- Prompt
Within the listing below, please copy exactly the lines between the line holding "rotation velocity w)" and the line holding "(uid : ℕ) (state", inclusive.

- Information supplied
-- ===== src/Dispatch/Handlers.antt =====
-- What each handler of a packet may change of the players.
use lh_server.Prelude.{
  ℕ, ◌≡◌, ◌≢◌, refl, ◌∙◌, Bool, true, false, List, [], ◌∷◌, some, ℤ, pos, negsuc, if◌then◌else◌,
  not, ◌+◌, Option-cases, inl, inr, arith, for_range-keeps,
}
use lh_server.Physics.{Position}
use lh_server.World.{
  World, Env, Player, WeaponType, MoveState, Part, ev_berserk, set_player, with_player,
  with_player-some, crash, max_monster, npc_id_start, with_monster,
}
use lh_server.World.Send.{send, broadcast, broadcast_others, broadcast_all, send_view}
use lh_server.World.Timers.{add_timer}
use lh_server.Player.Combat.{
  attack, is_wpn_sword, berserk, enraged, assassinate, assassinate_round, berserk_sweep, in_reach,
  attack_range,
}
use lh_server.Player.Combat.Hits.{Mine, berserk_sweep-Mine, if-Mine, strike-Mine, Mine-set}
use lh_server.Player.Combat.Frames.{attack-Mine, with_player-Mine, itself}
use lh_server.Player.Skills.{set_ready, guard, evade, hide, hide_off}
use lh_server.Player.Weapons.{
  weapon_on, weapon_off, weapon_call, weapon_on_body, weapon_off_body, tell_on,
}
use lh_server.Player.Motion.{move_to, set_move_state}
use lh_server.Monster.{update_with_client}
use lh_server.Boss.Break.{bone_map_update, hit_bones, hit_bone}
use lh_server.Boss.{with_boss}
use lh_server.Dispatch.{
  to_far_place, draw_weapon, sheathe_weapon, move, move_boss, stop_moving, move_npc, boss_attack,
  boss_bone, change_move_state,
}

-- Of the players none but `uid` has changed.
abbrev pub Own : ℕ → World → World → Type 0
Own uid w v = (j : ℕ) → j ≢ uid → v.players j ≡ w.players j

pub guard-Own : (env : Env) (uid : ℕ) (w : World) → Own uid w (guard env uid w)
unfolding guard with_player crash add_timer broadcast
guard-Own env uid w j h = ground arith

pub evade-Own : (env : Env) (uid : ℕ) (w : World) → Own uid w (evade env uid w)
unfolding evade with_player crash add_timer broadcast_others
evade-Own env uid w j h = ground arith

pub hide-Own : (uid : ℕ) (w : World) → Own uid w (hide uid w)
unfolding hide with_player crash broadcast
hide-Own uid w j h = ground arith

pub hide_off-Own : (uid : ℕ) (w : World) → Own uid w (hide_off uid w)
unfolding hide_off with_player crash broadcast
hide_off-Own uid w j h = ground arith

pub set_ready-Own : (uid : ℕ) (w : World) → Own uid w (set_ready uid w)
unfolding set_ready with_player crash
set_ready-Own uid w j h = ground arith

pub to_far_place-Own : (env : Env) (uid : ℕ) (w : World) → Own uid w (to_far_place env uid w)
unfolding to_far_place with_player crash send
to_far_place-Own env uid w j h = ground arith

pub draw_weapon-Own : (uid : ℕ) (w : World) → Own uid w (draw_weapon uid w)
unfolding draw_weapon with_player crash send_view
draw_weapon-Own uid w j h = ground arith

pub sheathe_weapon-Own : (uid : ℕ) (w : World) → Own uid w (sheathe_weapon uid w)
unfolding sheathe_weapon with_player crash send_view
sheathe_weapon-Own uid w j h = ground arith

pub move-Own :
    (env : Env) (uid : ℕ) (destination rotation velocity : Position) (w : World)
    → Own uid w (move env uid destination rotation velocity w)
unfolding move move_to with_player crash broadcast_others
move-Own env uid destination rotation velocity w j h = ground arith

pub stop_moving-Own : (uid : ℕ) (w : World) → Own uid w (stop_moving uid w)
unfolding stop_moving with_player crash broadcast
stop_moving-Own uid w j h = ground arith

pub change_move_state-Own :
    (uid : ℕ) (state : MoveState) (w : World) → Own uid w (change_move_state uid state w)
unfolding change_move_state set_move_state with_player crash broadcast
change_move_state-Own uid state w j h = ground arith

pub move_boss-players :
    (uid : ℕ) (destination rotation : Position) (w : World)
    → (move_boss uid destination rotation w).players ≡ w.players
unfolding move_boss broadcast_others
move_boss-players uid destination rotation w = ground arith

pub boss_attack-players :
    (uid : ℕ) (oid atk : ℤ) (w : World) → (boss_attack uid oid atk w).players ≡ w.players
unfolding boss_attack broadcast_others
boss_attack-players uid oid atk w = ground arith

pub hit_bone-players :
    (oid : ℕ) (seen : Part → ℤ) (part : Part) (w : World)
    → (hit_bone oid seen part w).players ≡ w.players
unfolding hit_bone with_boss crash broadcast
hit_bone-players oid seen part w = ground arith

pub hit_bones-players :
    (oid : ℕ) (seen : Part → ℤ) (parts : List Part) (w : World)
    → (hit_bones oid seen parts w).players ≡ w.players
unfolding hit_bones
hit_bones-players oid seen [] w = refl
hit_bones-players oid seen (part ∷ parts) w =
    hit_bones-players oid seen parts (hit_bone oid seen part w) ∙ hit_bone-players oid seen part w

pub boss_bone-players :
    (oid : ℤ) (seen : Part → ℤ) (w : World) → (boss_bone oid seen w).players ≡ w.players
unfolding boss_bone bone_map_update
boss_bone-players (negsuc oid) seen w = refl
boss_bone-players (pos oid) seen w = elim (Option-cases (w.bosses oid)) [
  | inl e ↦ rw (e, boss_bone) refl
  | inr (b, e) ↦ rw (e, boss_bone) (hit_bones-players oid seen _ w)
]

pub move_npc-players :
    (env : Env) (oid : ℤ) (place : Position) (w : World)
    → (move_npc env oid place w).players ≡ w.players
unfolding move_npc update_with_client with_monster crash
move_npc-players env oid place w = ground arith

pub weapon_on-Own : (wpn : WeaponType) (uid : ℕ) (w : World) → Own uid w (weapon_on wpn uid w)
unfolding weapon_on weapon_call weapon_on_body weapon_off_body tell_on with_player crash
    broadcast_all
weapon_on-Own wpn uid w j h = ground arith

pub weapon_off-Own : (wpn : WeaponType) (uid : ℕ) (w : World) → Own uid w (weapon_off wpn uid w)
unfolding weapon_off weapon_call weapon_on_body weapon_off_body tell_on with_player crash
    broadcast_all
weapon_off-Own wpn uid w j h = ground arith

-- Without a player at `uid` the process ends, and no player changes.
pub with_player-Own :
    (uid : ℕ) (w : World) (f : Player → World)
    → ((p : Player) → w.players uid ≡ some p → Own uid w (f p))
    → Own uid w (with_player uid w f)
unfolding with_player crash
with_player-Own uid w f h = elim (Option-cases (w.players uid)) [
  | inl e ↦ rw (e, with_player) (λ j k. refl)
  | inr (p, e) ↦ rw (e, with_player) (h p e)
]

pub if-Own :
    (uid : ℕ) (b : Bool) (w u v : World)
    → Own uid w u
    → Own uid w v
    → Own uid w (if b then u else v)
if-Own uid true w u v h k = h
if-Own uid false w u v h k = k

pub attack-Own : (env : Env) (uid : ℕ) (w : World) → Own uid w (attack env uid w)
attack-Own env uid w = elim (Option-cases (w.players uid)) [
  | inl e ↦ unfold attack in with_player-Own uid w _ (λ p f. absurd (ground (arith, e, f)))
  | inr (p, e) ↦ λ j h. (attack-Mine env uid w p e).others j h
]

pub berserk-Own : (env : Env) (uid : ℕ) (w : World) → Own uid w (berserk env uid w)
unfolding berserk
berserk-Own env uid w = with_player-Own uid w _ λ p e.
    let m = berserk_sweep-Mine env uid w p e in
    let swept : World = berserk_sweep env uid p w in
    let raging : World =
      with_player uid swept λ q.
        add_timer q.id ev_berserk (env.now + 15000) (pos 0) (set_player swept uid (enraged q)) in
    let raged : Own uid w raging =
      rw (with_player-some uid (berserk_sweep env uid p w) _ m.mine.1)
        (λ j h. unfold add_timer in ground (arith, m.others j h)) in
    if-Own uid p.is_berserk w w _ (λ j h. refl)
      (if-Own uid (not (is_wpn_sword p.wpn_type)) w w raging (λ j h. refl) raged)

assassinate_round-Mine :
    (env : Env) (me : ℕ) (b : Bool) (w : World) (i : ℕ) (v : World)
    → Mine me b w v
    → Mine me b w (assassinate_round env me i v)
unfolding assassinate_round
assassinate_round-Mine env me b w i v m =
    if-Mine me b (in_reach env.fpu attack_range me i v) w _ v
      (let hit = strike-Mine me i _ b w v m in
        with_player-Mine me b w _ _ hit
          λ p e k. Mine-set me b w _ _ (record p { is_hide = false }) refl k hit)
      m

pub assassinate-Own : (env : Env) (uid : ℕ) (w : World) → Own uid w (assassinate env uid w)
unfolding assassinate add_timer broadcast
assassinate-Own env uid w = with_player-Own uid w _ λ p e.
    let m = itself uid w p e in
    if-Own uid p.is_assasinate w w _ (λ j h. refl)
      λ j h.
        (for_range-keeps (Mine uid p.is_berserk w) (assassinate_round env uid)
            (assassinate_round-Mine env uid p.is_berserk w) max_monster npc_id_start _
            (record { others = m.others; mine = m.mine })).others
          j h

- Answer section
    → Own uid w (move env uid destination rotation velocity w)
unfolding move move_to with_player crash broadcast_others
move-Own env uid destination rotation velocity w j h = ground arith

pub stop_moving-Own : (uid : ℕ) (w : World) → Own uid w (stop_moving uid w)
unfolding stop_moving with_player crash broadcast
stop_moving-Own uid w j h = ground arith

pub change_move_state-Own :
    (uid : ℕ) (state : MoveState) (w : World) → Own uid w (change_move_state uid state w)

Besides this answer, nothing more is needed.